There is this case that just bothers me right now, and it is not the first time:

This are 4 triangles sharing the blue vertex.

Per vertex, half-edge only has a single pointer to one triangle, and from that you can traverse around the vertex (light blue arrows). But this causes the limitation that one vertex can only lie on one open boundary of the mesh.

Imagine the user wants to draw this configuration like in the picture, which is valid, but he draws the black triangles first and the red triangle the last.

So before the red triangle is added, the configuration is invalid and can not be processed as usual - you can not find all triangles at the vertex easily.

And this causes bugs like infinite loops. Also, for manual editing this limitation might not be acceptable at all.

I guess modeling tools don't use half-edge but something else for such reasons. I did not have this problem with the std::vectors i've used before, but can't recommend this either. :\

I hope you have not already started to look into half-edge.

EDIT: After fixing my issues i see i remembered things somewhat wrong. Vertices store a pointer to an edge, not triangle, so traversing around the vertex is possible even with multiple open sections.

Sorry for tho noise - Half edge still recommended, but with restrictions.

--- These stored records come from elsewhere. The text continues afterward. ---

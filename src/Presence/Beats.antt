-- ===== src/Presence/Beats.antt =====
-- internal/presence/store.go: HeartbeatWithGrant, and makeRoomLocked, which takes a slot from the
-- record with the weakest claim to it.
use dee_relay.Base.{
  ℕ, ◌+◌, ◌*◌, ◌==◌, ◌/=◌, ◌&&◌, ◌||◌, Bool, true, false, not, Option, none, some, List, [], ◌∷◌,
  String, string_key, nat_key, if◌then◌else◌, ltb, leb, length, trim_space, is_empty,
}
use dee_relay.Map.{Map, lookup, get_or, has, remove}
use dee_relay.Model.{Time, Duration, after, is_zero, PresenceHeartbeat}
use dee_relay.Presence.Table.{
  Store, Record, Grant, put_locked, drop_locked, prune_locked, max_records_per_caller,
}

-- `victim`, `bestRank` and `bestSeen` of the scan, once one is found.
pub record Victim : Type 0 where
  pub key : String
  pub rank : ℕ
  pub last_seen : Time

-- 0 for an offline record, 1 for one whose caller is past its share, 2 for no candidate.
unfoldable pub rank_of : Store → Time → String → Record → ℕ
rank_of s now caller item =
    if not (after item.expires_at now)
    then 0
    else if item.caller /= caller && ltb max_records_per_caller (get_or 0 item.caller s.callers)
    then 1
    else 2

unfoldable pub better : Victim → Option Victim → Option Victim
better v none = some v
better v (some b) =
    if ltb v.rank b.rank || v.rank == b.rank && ltb v.last_seen b.last_seen then some v else some b

-- One round of the scan.
unfoldable pub weigh : Store → Time → String → String × Record → Option Victim → Option Victim
unfolding rank_of better
weigh s now caller (key, item) best =
    let rank = rank_of s now caller item in
    if rank == 2
    then best
    else better (record { key = key; rank = rank; last_seen = item.last_seen }) best

unfoldable pub find_victim :
    Store → Time → String → Map String Record → Option Victim → Option Victim
unfolding weigh
find_victim s now caller [] best = best
find_victim s now caller (entry ∷ m) best =
    find_victim s now caller m (weigh s now caller entry best)

unfoldable pub make_room_locked : Store → Time → String → Store × Bool
unfolding find_victim
make_room_locked s now caller =
    if ltb (length s.records) s.max_records
    then (s, true)
    else if leb max_records_per_caller (get_or 0 caller s.callers)
    then (s, false)
    else elim (find_victim s now caller s.records none) [
      | none ↦ (s, false)
      | some v ↦ (drop_locked s v.key, true)
    ]

abbrev pub online_window : Duration
online_window = 5 * 60_000_000_000

unfoldable pub is_refused_beat : Time → PresenceHeartbeat → Bool
is_refused_beat now value =
    is_empty value.owner_hash
    || is_empty value.grant_hash
    || not (after value.expires_at now)
    || after value.expires_at (now + online_window)

unfoldable pub trim_beat : Time → PresenceHeartbeat → PresenceHeartbeat
unfolding is_zero
trim_beat now value = record value {
  owner_hash = trim_space value.owner_hash;
  grant_hash = trim_space value.grant_hash;
  updated_at = if is_zero value.updated_at then now else value.updated_at;
}

-- The record that a heartbeat asks for.
unfoldable pub record_of : Time → String → PresenceHeartbeat → Record
record_of now caller value = record {
  owner_hash = value.owner_hash;
  grant_hash = value.grant_hash;
  caller = caller;
  last_seen = now;
  updated_at = value.updated_at;
  expires_at = value.expires_at;
}

-- The slot for the record and the writing of it.
unfoldable pub seat : Store → Time → Record → Store × Bool
unfolding make_room_locked put_locked
seat s now r =
    if has r.grant_hash s.records
    then (put_locked s r, true)
    else let (s', room) = make_room_locked s now r.caller in
      if room then (put_locked s' r, true) else (s', false)

-- The tombstone of the owner against the heartbeat, then the seat.
unfoldable pub admit : Store → Time → String → PresenceHeartbeat → Store × Bool
unfolding seat record_of
admit s now caller value = elim (lookup value.owner_hash s.revocations) [
  | none ↦ seat s now (record_of now caller value)
  | some revoked ↦
      if not (after value.updated_at revoked.updated_at)
      then (s, false)
      else seat (record s { revocations = remove value.owner_hash s.revocations }) now
          (record_of now caller value)
]

unfoldable pub heartbeat_with_grant : Store → Time → PresenceHeartbeat → Grant → Store × Bool
unfolding trim_beat is_refused_beat prune_locked admit
heartbeat_with_grant s now value grant =
    let v = trim_beat now value in
    if is_refused_beat now v
    then (s, false)
    else admit (prune_locked now s) now (trim_space grant.caller) v

unfoldable pub heartbeat : Store → Time → PresenceHeartbeat → Store × Bool
unfolding heartbeat_with_grant
heartbeat s now value = heartbeat_with_grant s now value (record { caller = "" })

unfoldable pub import : Store → List (Time × PresenceHeartbeat) → Store
unfolding heartbeat
import s [] = s
import s ((now, value) ∷ values) = import (heartbeat s now value).0 values
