-- ===== src/Presence/Revoke.antt =====
-- internal/presence/store.go: Revoke and ImportRevocations.
use dee_relay.Base.{
  ℕ, ◌+◌, ◌==◌, ◌&&◌, ◌||◌, Bool, not, none, some, List, [], ◌∷◌, String, string_key, if◌then◌else◌,
  leb, length, trim_space, is_empty,
}
use dee_relay.Map.{lookup, has, insert}
use dee_relay.Model.{Time, after, PresenceRevocation}
use dee_relay.Presence.Table.{Store, Record, drop_where}

unfoldable pub is_of_owner : String → Record → Bool
is_of_owner owner item = item.owner_hash == owner

unfoldable pub store_revocation_locked : Store → PresenceRevocation → Store
store_revocation_locked s value =
    if not (has value.owner_hash s.revocations) && leb s.max_records (length s.revocations)
    then s
    else record s { revocations = insert value.owner_hash value s.revocations }

unfoldable pub revoke : Store → Time → String → Store × ℕ
unfolding drop_where is_of_owner store_revocation_locked
revoke s now owner_hash =
    let owner = trim_space owner_hash in
    let (s', n) = drop_where (is_of_owner owner) s.records (s, 0) in
    let tombstone : PresenceRevocation = record {
      owner_hash = owner;
      updated_at = now;
      expires_at = now + s.last_seen_ttl;
    } in
    (store_revocation_locked s' tombstone, n)

-- A record of the owner that is no newer than the revocation.
unfoldable pub is_revoked : PresenceRevocation → Record → Bool
is_revoked value item =
    item.owner_hash == value.owner_hash && not (after item.updated_at value.updated_at)

-- No tombstone that is as new stands for the owner, and the map has room for this one.
unfoldable pub takes_revocation : Store → PresenceRevocation → Bool
takes_revocation s value = elim (lookup value.owner_hash s.revocations) [
  | none ↦ not (leb s.max_records (length s.revocations))
  | some current ↦ after value.updated_at current.updated_at
]

unfoldable pub import_revocation : Time → PresenceRevocation → Store → Store
unfolding takes_revocation drop_where is_revoked
import_revocation now value s =
    if is_empty value.owner_hash || not (after value.expires_at now)
    then s
    else if not (takes_revocation s value)
    then s
    else let s' : Store = record s { revocations = insert value.owner_hash value s.revocations } in
      (drop_where (is_revoked value) s'.records (s', 0)).0

unfoldable pub import_revocations : Store → Time → List PresenceRevocation → Store
unfolding import_revocation
import_revocations s now [] = s
import_revocations s now (value ∷ values) =
    import_revocations (import_revocation now value s) now values
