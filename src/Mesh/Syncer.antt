-- ===== src/Mesh/Syncer.antt =====
-- internal/mesh/syncer.go: SyncAll, SyncPeer and the cursors. What comes back from fetchSnapshot, a page
-- or the text of an error, is a parameter: the request goes over net/http, and the peer is another
-- machine. The stores read their clocks at one instant for each page.
use dee_relay.Base.{
  ℕ, zero, suc, ◌+◌, ◌*◌, Bool, not, ◌&&◌, Option, none, some, List, [], ◌∷◌, String, string_key,
  nat_key, ◌/=◌, leb, if◌then◌else◌, is_empty, length, map, ℤ, or_default,
}
use dee_relay.Map.{Map, get_or, insert}
use dee_relay.Model.{Time, SyncPayload, PresenceHeartbeat, PresenceRevocation}
use dee_relay.Queue.Store as QueueStore
use dee_relay.Queue.Replicate.{import_snapshot}
use dee_relay.Presence.Table as PresenceTable
use dee_relay.Presence.Beats.{import}
use dee_relay.Presence.Revoke.{import_revocations}
use dee_relay.Peer.Pool.{Pool, targets, record_success, record_failure}

abbrev pub pages_per_sync : ℕ
pages_per_sync = 20

abbrev pub page_size : ℕ
page_size = 500

-- A page as the peer sends it: the queue's part, and what the peer adds of its own.
pub record Page : Type 0 where
  pub payload : SyncPayload
  pub node_id : String
  pub presence : List PresenceHeartbeat
  pub presence_revocations : List PresenceRevocation

pub record Cursor : Type 0 where
  pub epoch : String
  pub seq : ℕ

-- `cursor{}`
abbrev pub no_cursor : Cursor
no_cursor = record { epoch = ""; seq = 0 }

pub record Syncer : Type 0 where
  pub mesh_secret : String
  pub max_payload_bytes : ℤ
  pub max_purges : ℤ
  pub store : QueueStore.Store
  pub pool : Pool
  pub presence : PresenceTable.Store
  pub cursors : Map String Cursor

-- `len(payload.Messages)` and its like, summed over the pages of a sync.
pub record PeerSyncResult : Type 0 where
  pub peer_url : String
  pub pages : ℕ
  pub pulled_messages : ℕ
  pub pulled_acks : ℕ
  pub accepted_messages : ℕ
  pub accepted_acks : ℕ

pub data Error : Type 0 where
  fetch_failed : String → Error
  stalled : ℕ → Error
  unauthenticated : Error

-- The page, or why there is none.
pub data Fetched : Type 0 where
  fetched : Page → Fetched
  missing : String → Fetched

-- How the loop over the pages ends.
pub data End : Type 0 where
  finished : String → End
  failed : Error → End

unfoldable pub cursor_for : Syncer → String → Cursor
cursor_for s url = get_or no_cursor url s.cursors

unfoldable pub set_cursor : Syncer → String → Cursor → Syncer
set_cursor s url value = record s { cursors = insert url value s.cursors }

-- The ceiling of a page's body, from this node's own caps.
unfoldable pub max_snapshot_bytes : Syncer → ℕ
unfolding or_default
max_snapshot_bytes s =
    page_size * (or_default 8192 s.max_payload_bytes + 2 * 1024)
    + or_default 1000 s.max_purges * 1024
    + 2 * 5000 * 1024

-- The peer restarted, and the cursor is of its former life.
unfoldable pub is_restart : Cursor → SyncPayload → Bool
is_restart current payload =
    payload.epoch /= current.epoch && not (is_empty current.epoch) && current.seq /= 0

-- What a page means for the loop: to start over without it, or to take it and end, to stop at a mark
-- that does not move, or to go on.
pub data Fate : Type 0 where
  restarts ends stalls goes_on : Fate

unfoldable pub fate_of : Cursor → SyncPayload → Fate
unfolding is_restart
fate_of current payload =
    if is_restart current payload
    then restarts
    else if not payload.more
    then ends
    else if leb payload.next_seq current.seq
    then stalls
    else goes_on

-- The page taken in by the two stores.
unfoldable pub take_in : Syncer → Time → Page → Syncer
take_in s now page = record s {
  store = (import_snapshot s.store now page.payload).0;
  presence =
      import_revocations (import s.presence (map (λ beat. (now, beat)) page.presence)) now
        page.presence_revocations;
}

unfoldable pub add_result : Syncer → Time → Page → PeerSyncResult → PeerSyncResult
add_result s now page r =
    let imported = (import_snapshot s.store now page.payload).1 in
    record r {
      pulled_messages = r.pulled_messages + length page.payload.messages;
      pulled_acks = r.pulled_acks + length page.payload.acks;
      accepted_messages = r.accepted_messages + imported.accepted_messages;
      accepted_acks = r.accepted_acks + imported.accepted_acks;
    }

-- The cursor moves to the mark that the page reports, and never back.
unfoldable pub advance : Syncer → String → Cursor → SyncPayload → Syncer
unfolding set_cursor
advance s url current payload =
    if leb current.seq payload.next_seq
    then set_cursor s url (record { epoch = payload.epoch; seq = payload.next_seq })
    else s

unfoldable pub count_page : PeerSyncResult → PeerSyncResult
count_page r = record r { pages = r.pages + 1 }

module _ (clock : ℕ → Time) (fetch : ℕ → String → ℕ → Fetched) where
  -- The rounds that are left, and the number of the round: the clock and the peer go with it.
  unfoldable pub sync_pages :
      ℕ → ℕ → String → String → Syncer → PeerSyncResult → Syncer × PeerSyncResult × End
  unfolding cursor_for set_cursor fate_of take_in add_result advance count_page
  sync_pages zero page url claimed s r = (s, r, finished claimed)
  sync_pages (suc rounds) page url claimed s r =
      let current = cursor_for s url in
      elim (fetch page url current.seq) [
        | missing text ↦ (s, r, failed (fetch_failed text))
        | fetched p ↦
            let counted = count_page r in
            let taken = advance (take_in s (clock page) p) url current p.payload in
            let added = add_result s (clock page) p counted in
            elim (fate_of current p.payload) [
              | restarts ↦
                  sync_pages rounds (page + 1) url p.node_id
                    (set_cursor s url (record { epoch = p.payload.epoch; seq = 0 })) counted
              | ends ↦ (taken, added, finished p.node_id)
              | stalls ↦ (taken, added, failed (stalled current.seq))
              | goes_on ↦ sync_pages rounds (page + 1) url p.node_id taken added
            ]
      ]

  abbrev pub no_result : String → PeerSyncResult
  no_result url = record {
    peer_url = url;
    pages = 0;
    pulled_messages = 0;
    pulled_acks = 0;
    accepted_messages = 0;
    accepted_acks = 0;
  }

  -- The success that a finished loop reports to the pool.
  unfoldable pub report :
      Time → String → Syncer × PeerSyncResult × End → Syncer × PeerSyncResult × Option Error
  report now url (s, r, finished claimed) =
      (record s { pool = record_success s.pool url claimed now }, r, none)
  report now url (s, r, failed e) = (s, r, some e)

  unfoldable pub sync_peer : Syncer → String → Syncer × PeerSyncResult × Option Error
  unfolding sync_pages report
  sync_peer s url =
      report (clock pages_per_sync) url (sync_pages pages_per_sync 0 url "" s (no_result url))

module _ (words : Error → String) (clock : String → ℕ → Time)
    (fetch : String → ℕ → String → ℕ → Fetched) where
  -- A failed peer is reported to the pool and to the caller, and the others are synced all the same.
  unfoldable pub sync_targets : List String → Syncer → Syncer × List (String × Error)
  unfolding sync_peer
  sync_targets [] s = (s, [])
  sync_targets (url ∷ urls) s =
      let (s', r, error) = sync_peer (clock url) (fetch url) s url in
      elim error [
        | none ↦ sync_targets urls s'
        | some e ↦
            let t : Syncer = record s' {
              pool = record_failure s'.pool url (some (words e)) (clock url pages_per_sync);
            } in
            let (u, errors) = sync_targets urls t in (u, (url, e) ∷ errors)
      ]

  unfoldable pub sync_all : Syncer → Syncer × List (String × Error)
  unfolding sync_targets
  sync_all s =
      if is_empty s.mesh_secret
      then (s, ("", unauthenticated) ∷ [])
      else sync_targets (targets s.pool) s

My issue was cause by Assimp merging vertices so a non manifold case happened. This may or may be not a problem for modeling.

Imagine you ave a model of a sphere, pick one edge and you want to extrude a single quad out of the edge. This does not work with half-edge, because there is no valid edge order. Also the ring around vertex can not be flattened to a topological plane, so it's non manifold.

Most 3D editors allow to do something like this, indicating they use other data structures.